Eligible applicants in with a demonstrated commitment to College Scholarship are encouraged to consider this funding opportunity. To identify additional grants aligned with your needs, visit The Grant Portal and utilize the Search Grant tool for tailored results.

Explore related grant categories to find additional funding opportunities aligned with this program:

Awards grants, College Scholarship grants, Education grants, Health & Medical grants, Higher Education grants, Individual grants.

Grant Overview

Scope Boundaries in Science, Technology Research & Development

Science, technology research and development encompasses systematic investigation aimed at advancing knowledge or creating novel applications within scientific and technological domains. For grants like the Research Grant For Clinical Research Training Scholarship In Disease, this sector delineates projects that apply scientific methods and technological innovations to clinical research challenges, particularly in disease studies. Boundaries exclude purely theoretical mathematics or non-applied humanities inquiries; instead, funded work must demonstrate tangible pathways to clinical translation, such as developing diagnostic tools or therapeutic prototypes.

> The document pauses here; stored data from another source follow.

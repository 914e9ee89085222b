-- ===== src/TwoFactor/Enrollment.antt =====
-- apps/api/src/auth/totp.service.ts: `startEnrollment`, `confirmEnrollment`, `disable`, `resetForMember` and
-- `clear`. The secret, the keys, the nonces and the hashes of the backup codes, which are random, are arguments.
pub mod Recovery
pub mod Secrets
use Prim.Native.String.{String}
use nudgeon_platform.Common.{
  ℕ, ◌&&◌, Bool, true, false, not, List, [], ◌∷◌, ◌++◌, Option, none, some, ◌==◌, if◌then◌else◌,
  is_none, first_row, update_rows, count_rows, map, Result, ok, err,
}
use nudgeon_platform.Accounts.{Member, BackupCode, Store}
use nudgeon_platform.Accounts.Sessions.{revoke_all_for_member}
use nudgeon_platform.Accounts.Members.{is_target, update_target}
use nudgeon_platform.Envelope.{Envelope, encrypt_envelope}
use nudgeon_platform.TwoFactor.Totp.{verify_totp}
use nudgeon_platform.TwoFactor.Login.{
  Host, LoginError, pack_envelope, decrypt_secret, verify_for_login,
}

pub data EnrollmentError : Type 0 where
  member_missing already_enabled not_started wrong_code no_master_key unencryptable undecryptable :
      EnrollmentError
  login_refused : LoginError → EnrollmentError

-- What `startEnrollment` draws: the secret, the key of its envelope and two nonces.
pub record Draw : Type 0 where
  pub secret : List ℕ
  pub dek : List ℕ
  pub body_nonce : List ℕ
  pub key_nonce : List ℕ

abbrev pub start_row : List ℕ → Member → Member
start_row sealed m = record m {
  totp_secret_enc = some sealed;
  totp_enabled_at = none;
  totp_last_counter = none;
  totp_failed_count = 0;
  totp_locked_until = none;
}

abbrev pub enable_row : ℕ → ℕ → Member → Member
enable_row now counter m = record m {
  totp_enabled_at = some now;
  totp_last_counter = some counter;
  totp_failed_count = 0;
  totp_locked_until = none;
}

abbrev pub clear_row : Member → Member
clear_row m = record m {
  totp_secret_enc = none;
  totp_enabled_at = none;
  totp_last_counter = none;
  totp_failed_count = 0;
  totp_locked_until = none;
}

-- `DELETE FROM member_backup_codes WHERE member_id = $1`.
abbrev pub delete_codes : ℕ → List BackupCode → List BackupCode
delete_codes member_id [] = []
delete_codes member_id (c ∷ cs) =
    let rest = delete_codes member_id cs in if c.member_id == member_id then rest else c ∷ rest

abbrev pub new_code : ℕ → ℕ → ℕ × String → BackupCode
new_code tenant_id member_id (id, code_hash) = record {
  id = id;
  tenant_id = tenant_id;
  member_id = member_id;
  code_hash = code_hash;
  used_at = none;
}

unfoldable pub clear : ℕ → ℕ → Store → Store
clear tenant_id member_id s = record (update_target tenant_id member_id clear_row s) {
  backup_codes = delete_codes member_id s.backup_codes;
}

module _ (host : Host) (to_base64 : List ℕ → String) where
  abbrev pub packed : Option Envelope → Option (List ℕ)
  packed none = none
  packed (some env) = some (pack_envelope env)

  -- The envelope of a secret, for the key that the environment gives; none is an exception.
  abbrev pub sealed_secret : Draw → List ℕ → Option (List ℕ)
  sealed_secret draw key = packed (
      encrypt_envelope host.cipher draw.dek draw.body_nonce draw.key_nonce key
        (to_base64 draw.secret))

  abbrev pub start_stored : ℕ → ℕ → Store → Option (List ℕ) → Result EnrollmentError Store
  start_stored tenant_id member_id s none = err unencryptable
  start_stored tenant_id member_id s (some sealed) =
      ok (update_target tenant_id member_id (start_row sealed) s)

  abbrev pub start_sealed : ℕ → ℕ → Draw → Store → Option (List ℕ) → Result EnrollmentError Store
  start_sealed tenant_id member_id draw s none = err no_master_key
  start_sealed tenant_id member_id draw s (some key) =
      start_stored tenant_id member_id s (sealed_secret draw key)

  abbrev pub start_row_of : ℕ → ℕ → Draw → Store → Option Member → Result EnrollmentError Store
  start_row_of tenant_id member_id draw s none = err member_missing
  start_row_of tenant_id member_id draw s (some m) =
      if is_none m.totp_enabled_at
      then start_sealed tenant_id member_id draw s host.master_key
      else err already_enabled

  -- `startEnrollment`, whose answer, the secret's text and its URI, is left out.
  unfoldable pub start_enrollment : ℕ → ℕ → Draw → Store → Result EnrollmentError Store
  start_enrollment tenant_id member_id draw s =
      start_row_of tenant_id member_id draw s (first_row (is_target tenant_id member_id) s.members)

module _ (host : Host) where
  -- The transaction of `confirmEnrollment`.
  unfoldable pub enable : ℕ → ℕ → List (ℕ × String) → ℕ → ℕ → Store → Store
  enable tenant_id member_id codes now counter s =
      record (update_target tenant_id member_id (enable_row now counter) s) {
        backup_codes =
            map (new_code tenant_id member_id) codes ++ delete_codes member_id s.backup_codes;
      }

  abbrev pub confirm_code :
      ℕ → ℕ → List (ℕ × String) → ℕ → Store → Option ℕ → Result EnrollmentError Store
  confirm_code tenant_id member_id codes now s none = err wrong_code
  confirm_code tenant_id member_id codes now s (some counter) =
      ok (enable tenant_id member_id codes now counter s)

  abbrev pub confirm_secret :
      ℕ
      → ℕ
      → String
      → List (ℕ × String)
      → ℕ
      → Store
      → Option (List ℕ)
      → Result EnrollmentError Store
  confirm_secret tenant_id member_id token codes now s none = err undecryptable
  confirm_secret tenant_id member_id token codes now s (some secret) =
      confirm_code tenant_id member_id codes now s (verify_totp host.hmac secret token now 1 6 none)

  abbrev pub confirm_sealed :
      ℕ
      → ℕ
      → String
      → List (ℕ × String)
      → ℕ
      → Store
      → Bool
      → Option (List ℕ)
      → Result EnrollmentError Store
  confirm_sealed tenant_id member_id token codes now s free none = err not_started
  confirm_sealed tenant_id member_id token codes now s false (some sealed) = err already_enabled
  confirm_sealed tenant_id member_id token codes now s true (some sealed) =
      confirm_secret tenant_id member_id token codes now s (decrypt_secret host sealed)

  abbrev pub confirm_row :
      ℕ → ℕ → String → List (ℕ × String) → ℕ → Store → Option Member → Result EnrollmentError Store
  confirm_row tenant_id member_id token codes now s none = err not_started
  confirm_row tenant_id member_id token codes now s (some m) =
      confirm_sealed tenant_id member_id token codes now s (is_none m.totp_enabled_at)
        m.totp_secret_enc

  unfoldable pub confirm_enrollment :
      ℕ → ℕ → String → List (ℕ × String) → ℕ → Store → Result EnrollmentError Store
  confirm_enrollment tenant_id member_id token codes now s =
      confirm_row tenant_id member_id token codes now s
        (first_row (is_target tenant_id member_id) s.members)

  -- What follows the check of the code in `disable`; the attempt has been committed before.
  unfoldable pub disable_checked :
      (String → String)
      → ℕ
      → ℕ
      → Option String
      → ℕ
      → Store
      → Result LoginError (Bool × Store)
      → Result EnrollmentError (Unit {0}) × Store
  disable_checked hash_token tenant_id member_id current now s (err e) = (err (login_refused e), s)
  disable_checked hash_token tenant_id member_id current now s (ok (false, after)) =
      (err wrong_code, after)
  disable_checked hash_token tenant_id member_id current now s (ok (true, after)) = (
    ok tt,
    (revoke_all_for_member hash_token tenant_id member_id current now
        (clear tenant_id member_id after)).0,
  )

  -- `disable`, and the store behind it, which a wrong code changes too.
  unfoldable pub disable_totp :
      (String → String)
      → ℕ
      → ℕ
      → String
      → Option String
      → ℕ
      → Store
      → Result EnrollmentError (Unit {0}) × Store
  disable_totp hash_token tenant_id member_id token current now s =
      disable_checked hash_token tenant_id member_id current now s
        (verify_for_login host member_id token now s)

-- `resetForMember`.
unfoldable pub reset_for_member :
    (String → String) → ℕ → ℕ → ℕ → Store → Result EnrollmentError Store
reset_for_member hash_token actor_tenant_id target_id now s =
    if count_rows (is_target actor_tenant_id target_id) s.members == 0
    then err member_missing
    else ok (
        (revoke_all_for_member hash_token actor_tenant_id target_id none now
          (clear actor_tenant_id target_id s)).0)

Concrete use cases include engineering biomaterials for disease modeling, leveraging computational simulations for drug discovery, or designing wearable sensors for real-time patient monitoring. Applicants pursuing bioinformatics pipelines to analyze genomic data from clinical cohorts fit squarely within this scope, as do efforts to integrate artificial intelligence in predicting disease progression. Conversely, general education programs or standalone clinical practice without a research component fall outside. Entities focused solely on commercial product scaling, absent novel R&D elements, do not qualify.

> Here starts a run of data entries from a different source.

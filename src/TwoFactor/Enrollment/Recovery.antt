-- ===== src/TwoFactor/Enrollment/Recovery.antt =====
-- `resetForMember` of apps/api/src/auth/totp.service.ts, after which the member starts again.
use Prim.Native.String.{String}
use nudgeon_platform.Common.{
  ℕ, ◌≡◌, refl, sym, subst, ◌≢◌, inl, inr, Bool, true, false, not, ◌&&◌, ◌||◌, is_none, List, [],
  ◌∷◌, none, some, ◌==◌, Bool-cases, All, update_rows, count_rows, ok, err, ok-injective,
}
use nudgeon_platform.Accounts.{Member, BackupCode, Store}
use nudgeon_platform.Accounts.Sessions.{SessionMember, resolve, revoke_all_for_member}
use nudgeon_platform.Accounts.Sessions.Revocation.{resolve-revoke_all}
use nudgeon_platform.Accounts.Members.{is_target, update_target}
use nudgeon_platform.TwoFactor.Enrollment.{
  member_missing, clear_row, delete_codes, clear, reset_for_member,
}

-- A row that is not the target's, or holds nothing of a second factor.
abbrev pub is_cleared : ℕ → ℕ → Member → Bool
is_cleared tenant_id member_id m =
    not (is_target tenant_id member_id m)
    || (is_none m.totp_secret_enc && (is_none m.totp_enabled_at && is_none m.totp_locked_until))

update_rows-is_cleared :
    (tenant_id member_id : ℕ) (ms : List Member)
    → All
        (λ m. is_cleared tenant_id member_id m ≡ true)
        (update_rows (is_target tenant_id member_id) clear_row ms)
update_rows-is_cleared tenant_id member_id [] = tt
update_rows-is_cleared tenant_id member_id (m ∷ ms) =
    let rest = update_rows-is_cleared tenant_id member_id ms in
    elim (Bool-cases (is_target tenant_id member_id m)) [
      | inl hit ↦ rw (hit, hit) (refl, rest)
      | inr miss ↦ rw (miss, miss) (refl, rest)
    ]

delete_codes-All :
    (member_id : ℕ) (cs : List BackupCode)
    → All (λ c. (c.member_id == member_id) ≡ false) (delete_codes member_id cs)
delete_codes-All member_id [] = tt
delete_codes-All member_id (c ∷ cs) =
    let rest = delete_codes-All member_id cs in
    elim (Bool-cases (c.member_id == member_id)) [
      | inl hit ↦ rw hit rest
      | inr miss ↦ rw miss (miss, rest)
    ]

reset_for_member-eq-ok :
    (hash_token : String → String) (tenant_id target_id now : ℕ) (s after : Store)
    → reset_for_member hash_token tenant_id target_id now s ≡ ok after
    → (revoke_all_for_member hash_token tenant_id target_id none now
        (clear tenant_id target_id s)).0
      ≡ after
unfolding reset_for_member
reset_for_member-eq-ok hash_token tenant_id target_id now s after e =
    elim (Bool-cases (count_rows (is_target tenant_id target_id) s.members == 0)) [
      | inl absent ↦ let refused : err member_missing ≡ ok after = rw absent at e in cc
      | inr there ↦ ok-injective refl (rw there at e)
    ]

-- After a member's second factor is reset, the member's row holds no secret, is not enabled and not locked,
-- and no backup code of the member is left.
pub reset_for_member-clears :
    (hash_token : String → String) (tenant_id target_id now : ℕ) (s after : Store)
    → reset_for_member hash_token tenant_id target_id now s ≡ ok after
    → All (λ m. is_cleared tenant_id target_id m ≡ true) after.members
      × All (λ c. (c.member_id == target_id) ≡ false) after.backup_codes
unfolding clear update_target revoke_all_for_member
reset_for_member-clears hash_token tenant_id target_id now s after e =
    subst
      (λ (a : Store).
        All (λ m. is_cleared tenant_id target_id m ≡ true) a.members
        × All (λ c. (c.member_id == target_id) ≡ false) a.backup_codes)
      (reset_for_member-eq-ok hash_token tenant_id target_id now s after e)
      (
        update_rows-is_cleared tenant_id target_id s.members,
        delete_codes-All target_id s.backup_codes,
      )

-- After a member's second factor is reset, no token of before stands for the member, at whatever time it is
-- used.
pub resolve-reset_for_member :
    (hash_token : String → String) (tenant_id target_id now : ℕ) (s after : Store) (token : String)
    (later : ℕ) (who : SessionMember)
    → reset_for_member hash_token tenant_id target_id now s ≡ ok after
    → resolve hash_token token later after ≡ some who
    → who.tenant_id ≡ tenant_id
    → who.member_id ≢ target_id
resolve-reset_for_member hash_token tenant_id target_id now s after token later who e found
      same_tenant same_member =
    let made = reset_for_member-eq-ok hash_token tenant_id target_id now s after e in
    let (kept, absent, _) =
      resolve-revoke_all hash_token (clear tenant_id target_id s) tenant_id target_id none now token
        later who
        (subst (λ (a : Store). resolve hash_token token later a ≡ some who) (sym made) found)
        same_tenant same_member in
    cc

Researchers often begin their national science foundation grant search to benchmark similar opportunities, where nsf grants emphasize innovation in science, technology research and development. This grant mirrors that by prioritizing early-career investigators whose proposals align with rigorous experimental design and technological integration in clinical contexts.

Eligibility Profiles for Science, Technology Research & Development Applicants

Who should apply? Early-career investigators, typically within five years of their terminal degree, affiliated with higher education institutions or research organizations, particularly those in fields like biomedical engineering, computational biology, or materials science applied to disease research. Ideal candidates propose projects requiring interdisciplinary expertise, such as combining nanotechnology with clinical trial data analysis. Those with preliminary data showing feasibility, like proof-of-concept prototypes, strengthen their case.

North Carolina-based researchers, for instance, might leverage regional biotech hubs to propose R&D on infectious disease modeling, integrating local clinical partnerships. However, applicants without access to core facilities for advanced prototyping or those lacking mentorship in grant-specific protocols should reconsider, as the Foundation expects robust institutional support.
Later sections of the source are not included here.